The problem with rational fears is that they can help your opponent play well. Should you be playing against a gunline army, you can be sure they will fear your fast assaulters. This fear however will bode well for them because they will prioritize your fast units.

If you want to cash in on their fears, then you need to make them have phobia's, irrational fears.

*Dakkaphobia (The fear of long range killers)*
- Talk about your shooty unit as you place your broadside battlesuits or chaos obliterators, tell your opponent about how that unit cuts through land raiders like a knife through hot butter. If they have units that are vulnerable to these units then place your scary unit ensure your guns are pointing at them. The real key to this tactic is that you place your shooters in cover and that you are not betting on this unit to last the entire game. Chances are they are going to pour heavy firepower into this unit and ignore your other units.
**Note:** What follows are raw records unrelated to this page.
-- ===== src/Examples/Controls.antt =====
-- The theorems on the control bytes, the scratch field and the Worker leases, applied.
use edp_threading.Base.{◌<◌, ◌≡◌, ◌==◌, refl, true, false, some, arith}
use edp_threading.Task.Control.{TaskControl}
use edp_threading.Task.Record.{blank, queue_next, set_queue_next}
use edp_threading.Task.Record.Laws.{queue_next-set_queue_next}
use edp_threading.Worker.{Workers, try_claim_available}
use edp_threading.Worker.Lease.{ClaimsLowest, try_claim_available_lem}
use edp_threading.Thread.Control.{
  DedicatedThreadControl, DedicatedThreadControlPublicationResult, try_start, try_publish_stopped,
  state as thread_state, phase as thread_phase, decode as decode_thread,
}
use edp_threading.Thread.Control.Activation.{
  Action, activation, act, operate, operate-act, try_publish_stopped_stale,
}
use edp_threading.Examples.Topologies.{two}

-- Completed, owned, in the second Phase.
abbrev owned_byte : TaskControl
owned_byte = record { value = 27 }

queue_next-set_queue_next_example :
    queue_next two (set_queue_next two (blank two) (some 1)) ≡ some 1
queue_next-set_queue_next_example = queue_next-set_queue_next two (blank two) (some 1) (omega arith)

-- Only the second Worker is free.
abbrev second_free : Workers two
second_free i = i == 1

try_claim_available_lem_example : ClaimsLowest two second_free (try_claim_available two second_free)
try_claim_available_lem_example = try_claim_available_lem two second_free

-- Stop requested, in the second Phase.
abbrev stopping : DedicatedThreadControl
stopping = record { value = 6 }

operate-act_example :
    ((operate stopping (Action.publish_stopped true)).0.value < 256)
    × (activation (operate stopping (Action.publish_stopped true)).0
        ≡ (act (activation stopping) (Action.publish_stopped true)).0)
    × ((operate stopping (Action.publish_stopped true)).1
        ≡ (act (activation stopping) (Action.publish_stopped true)).1)
operate-act_example = operate-act stopping (Action.publish_stopped true) (omega arith)

-- Stopped, in the second Phase.
abbrev at_rest : DedicatedThreadControl
at_rest = record { value = 7 }

try_publish_stopped_stale_example :
    try_publish_stopped (try_start at_rest false).0 (thread_phase at_rest)
    ≡ ((try_start at_rest false).0, DedicatedThreadControlPublicationResult.phase_mismatch)
unfolding thread_state decode_thread
try_publish_stopped_stale_example = try_publish_stopped_stale at_rest false (omega arith) refl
For example, put your broadside battlesuits into 3+ or 4+ cover and make sure they have at least 2 gun drones in their unit. This strategy can be especially useful when playing an assault list as it you should be able to 

- Make these units look scary! Consider conversions to make the guns bigger and when you paint make sure make the gun the focal point of the model. Consider painting kill tallies onto these units and be sure to point out some of their more devastating kills. After my Tau Broadside team killed two land raiders in a singe game, I added some little ribbons and whenever I play space marine variants I point out this little detail.

*Assaultophobia*
- For these units, its best to have a plan before making them your opponents priority, if you make your one and only good assault unit the target of massed firepower, you’ll lose that unit pretty fast. Therefore, the idea should work to make your opponent feel overwhelmed.

- Make the models as intimidating as possible and when adding blood, don’t skimp on the gore. When painting these models, consider adding markings meant to increase the sense of fear. If you are playing dark elder or chaos space marines, add as many spikes and dead bodies as possible.

- Feel free to ask your opponent in a casual tone how he thinks the oncoming combat is going to turn out, or in a joking manner which of his units he thinks is most vulnerable. The point isn’t to get him to give you information, it is to get him thinking about how vulnerable his units are.


----------



## Aramoro (Oct 7, 2009)

Is this for real?

Broadsides DO cut through Landraiders, it's not an irrational fear if it has a rational founding. 

Aramoro


----------



## Lopspoon (Jun 23, 2009)

Yes, any half decent player will know this, and will therefore shoot the broadside however the goal is to take a rational fear and turn it into an irrational fear, however the goal is to make the broadside seem so powerful that you opponent puts all their focus onto it and ignores other units.


----------



## Yodhan (Apr 8, 2010)

I love the kill tallies on the tanks. I think I may have to start doing this with the armor in my army.


----------



## OIIIIIIO (Dec 16, 2009)

Kill tallies are good ... I am going to start putting them on the bases of my guys just for sheer shenanigans. I already know what I am going to say, "These guys really are not a tank-hunter unit but look at the 8 marks of death they have already, how many more do you think they will get today?"


----------



## johnnymajic (Jan 2, 2009)

One thing i do is have my "death dice", call this super sticion (however its spelled), but it works. I use my white dice to hit, then i use my red dice (blood for the blood god) to wound. I just started doing it once, and it's worked ever since, this sometimes freaks people out with the number of 5's and 6's i roll to wound


----------



## oblivion8 (Jun 17, 2009)

> One thing i do is have my "death dice", call this super sticion (however its spelled), but it works. I use my white dice to hit, then i use my red dice (blood for the blood god) to wound. I just started doing it once, and it's worked ever since, this sometimes freaks people out with the number of 5's and 6's i roll to wound


funny how things like that sometimes work eh? xD


----------



## vulcan539 (May 17, 2010)

Kill tallies are nice adition to any model.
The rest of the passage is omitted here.